# [WHAT YOU NEED TO DO]
What is the number of lines in the data that include the string "List"? Give it by itself.

# [EXCERPTED DATA]
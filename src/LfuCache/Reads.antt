-- ===== src/LfuCache/Reads.antt =====
-- What `get`, `put`, `exists` and a sweep of the LFU cache do, on every valid state.
use congine.Dict
use congine.Dict.{get-put, get-remove, size-put, size-remove-lt, size-remove-le, has-get, first_key}
use congine.LfuCache.{LfuCache, evict_key, get, is_expired}
use congine.LfuCache.Steps.{bumped, bumped-Agrees, increment_freq-bumped}
use congine.LfuCache.Valid.{Agrees, IsValid, evict_key-Agrees}
use congine.Prelude.{
  ℕ, String, ◌≡◌, refl, true, some, none, arith, nat_eq, string_eq, Option, Option-cases,
  Bool-cases, inl, inr, if◌then◌else◌, sym, ◌∙◌,
}

-- What a read may return of an entry: nothing of one whose deadline has passed.
abbrev pub live : {V : Type 0} → ℕ → Option (V × ℕ) → Option V
live now none = none
live now (some (schema, expire_at)) = if is_expired now expire_at then none else some schema

module _ {V : Type 0} where
  pub evict_key-IsValid : (c : LfuCache V) (key : String) → IsValid c → IsValid (evict_key c key)
  evict_key-IsValid c key v = record {
    agrees = evict_key-Agrees c key v.agrees;
    bounded = unfold evict_key in omega (arith, size-remove-le key c.key_to_value, v.bounded);
  }

  pub value_has_freq :
      (c : LfuCache V) (key : String)
      → Agrees c
      → Dict.has key c.key_to_value ≡ true
      → (f : ℕ) × (Dict.get key c.key_to_freq ≡ some f)
  value_has_freq c key v h = has-get key c.key_to_freq (sym (v.same_keys key) ∙ h)

  pub bumped-IsValid :
      (c : LfuCache V) (key : String) (f : ℕ)
      → IsValid c
      → Dict.get key c.key_to_freq ≡ some f
      → IsValid (bumped c key f)
  bumped-IsValid c key f v h = record {
    agrees = bumped-Agrees c key f v.agrees h;
    bounded = unfold bumped in v.bounded;
  }

  -- What `get` leaves of the entries: an expired entry of the key goes, nothing else changes.
  abbrev pub AfterGet : ℕ → LfuCache V → String → LfuCache V → Type 0
  AfterGet now c key c' =
      (k : String) → live now (Dict.get k c'.key_to_value) ≡ live now (Dict.get k c.key_to_value)

  -- On a valid cache `get` never raises. It returns the stored schema exactly while the deadline
  -- has not passed, keeps the cache valid, and changes nothing that a later read at that time can
  -- see.
  pub get-live :
      (now : ℕ) (c : LfuCache V) (key : String)
      → IsValid c
      → (c' : LfuCache V) × (get now c key ≡ some (c', live now (Dict.get key c.key_to_value)))
        × IsValid c'
        × AfterGet now c key c'
  unfolding get
  get-live now c key v = elim (Option-cases (Dict.get key c.key_to_value)) [
    | inl absent ↦ (c, ground (arith, absent), v, λ k. refl)
    | inr ((schema, expire_at), found) ↦ elim (Bool-cases (is_expired now expire_at)) [
      | inl old ↦ (
        evict_key c key,
        ground (arith, found, old),
        evict_key-IsValid c key v,
        λ k.
            unfold evict_key in
            ground (arith, found, old, get-remove key k c.key_to_value, string_eq.beq_iff key k),
      )
      | inr fresh ↦
          let (f, counts) = value_has_freq c key v.agrees (ground (arith, found)) in
          (
            bumped c key f,
            ground (arith, found, fresh, increment_freq-bumped c key f v.agrees counts),
            bumped-IsValid c key f v counts,
            λ k. unfold bumped in refl,
          )
    ]
  ]
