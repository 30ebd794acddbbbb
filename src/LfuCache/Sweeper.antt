-- ===== src/LfuCache/Sweeper.antt =====
-- libs/congine-sdk/src/congine_core/infrastructure/lfu_cache.py: the sweeper of the schema cache. Each
-- section under the lock is one step; the thread has two, the end of a wait, and the section in which it
-- sweeps. Whether a thread can be started is a parameter of `start`.
use congine.Json.{Result, ok, raise, lifecycle_error, memory_error}
use congine.LfuCache.{LfuCache, sweep_expired}
use congine.Prelude.{
  ℕ, ◌≡◌, refl, ◌∙◌, Bool, true, false, List, [], ◌∷◌, if◌then◌else◌, Bool-cases, inl, inr,
}

-- Where the thread is: not made, waiting for the interval, before the lock, or over.
pub data Sweeper : Type 0 where
  not_made asleep awake ended : Sweeper

pub record Store (V : Type 0) : Type 0 where
  pub cache : LfuCache V
  pub closed : Bool
  pub stop_event : Bool
  pub sweeper : Sweeper
  -- whether `stop` is registered to run at exit
  pub registered : Bool

abbrev runs : Sweeper → Bool
runs asleep = true
runs awake = true
runs _ = false

module _ {V : Type 0} where
  -- `__init__` with `start_sweeper=False`
  unfoldable pub open_store : LfuCache V → Store V
  open_store cache = record {
    cache = cache;
    closed = false;
    stop_event = false;
    sweeper = not_made;
    registered = false;
  }

  -- `_ensure_open_locked`
  abbrev pub ensure_open : Store V → Result (Unit {0})
  ensure_open s = if s.closed then raise lifecycle_error else ok tt

  abbrev started : Bool → Store V → Result (Unit {0}) × Store V
  started startable s =
      if runs s.sweeper
      then (ok tt, s)
      else if startable
      then (ok tt, record s { stop_event = false; sweeper = asleep; registered = true })
      else (
        raise memory_error,
        record s { stop_event = false; sweeper = not_made; registered = false },
      )

  -- `start`
  unfoldable pub start : Bool → Store V → Result (Unit {0}) × Store V
  start startable s = elim (ensure_open s) [ raise e ↦ (raise e, s) | ok _ ↦ started startable s ]

  -- the locked section of `stop`
  unfoldable pub stop : Store V → Store V
  stop s = if s.closed then s else record s { closed = true; stop_event = true; registered = false }

  -- a step of `_sweep_loop`, with the readings of the clock in a sweep
  unfoldable pub sweeper_step : (ℕ → ℕ) → Sweeper → Store V → Store V
  sweeper_step clock asleep s =
      if s.stop_event then record s { sweeper = ended } else record s { sweeper = awake }
  sweeper_step clock awake s =
      if s.closed
      then record s { sweeper = ended }
      else record s { cache = (sweep_expired clock s.cache).0; sweeper = asleep }
  sweeper_step clock _ s = s

pub data Event : Type 0 where
  starts : Bool → Event
  stops : Event
  steps : (ℕ → ℕ) → Event

module _ {V : Type 0} where
  abbrev pub after_event : Event → Store V → Store V
  after_event (starts startable) s = (start startable s).1
  after_event stops s = stop s
  after_event (steps clock) s = sweeper_step clock s.sweeper s

  abbrev pub after : List Event → Store V → Store V
  after [] s = s
  after (e ∷ es) s = after es (after_event e s)

  Kept : Store V → Store V → Type 0
  Kept before now = (now.closed ≡ true) × (now.cache ≡ before.cache)

  step-Kept :
      (clock : ℕ → ℕ) (t : Sweeper) (s : Store V)
      → s.closed ≡ true
      → Kept s (sweeper_step clock t s)
  unfolding Kept sweeper_step
  step-Kept clock not_made s c = (c, refl)
  step-Kept clock ended s c = (c, refl)
  step-Kept clock asleep s c = elim (Bool-cases s.stop_event) [
    | inl e ↦ rw (e) (c, refl)
    | inr e ↦ rw (e) (c, refl)
  ]
  step-Kept clock awake s c = rw (c) (refl, refl)

  event-Kept : (e : Event) (s : Store V) → s.closed ≡ true → Kept s (after_event e s)
  unfolding Kept start stop
  event-Kept (starts startable) s c = rw (c) (refl, refl)
  event-Kept stops s c = rw (c) (refl, refl)
  event-Kept (steps clock) s c = step-Kept clock s.sweeper s c

  after-Kept : (es : List Event) (s : Store V) → s.closed ≡ true → Kept s (after es s)
  unfolding Kept
  after-Kept [] s c = (c, refl)
  after-Kept (e ∷ es) s c =
      let (c', same) = event-Kept e s c in
      let (c'', later) = after-Kept es (after_event e s) c' in (c'', later ∙ same)

  stop-Kept : (s : Store V) → Kept s (stop s)
  unfolding Kept stop
  stop-Kept s = elim (Bool-cases s.closed) [
    | inl e ↦ rw (e) (refl, refl)
    | inr e ↦ rw (e) (refl, refl)
  ]

  -- Once a store is stopped, it stays closed, and no start, stop or step of its sweeper, in whatever
  -- state the stop finds that, changes what is cached.
  stopped-keeps :
      (es : List Event) (s : Store V)
      → ((after (stops ∷ es) s).closed ≡ true) × ((after (stops ∷ es) s).cache ≡ s.cache)
  unfolding Kept
  stopped-keeps es s =
      let (c, same) = stop-Kept s in
      let (c', later) = after-Kept es (stop s) c in (c', later ∙ same)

# [TASK RESULT]
4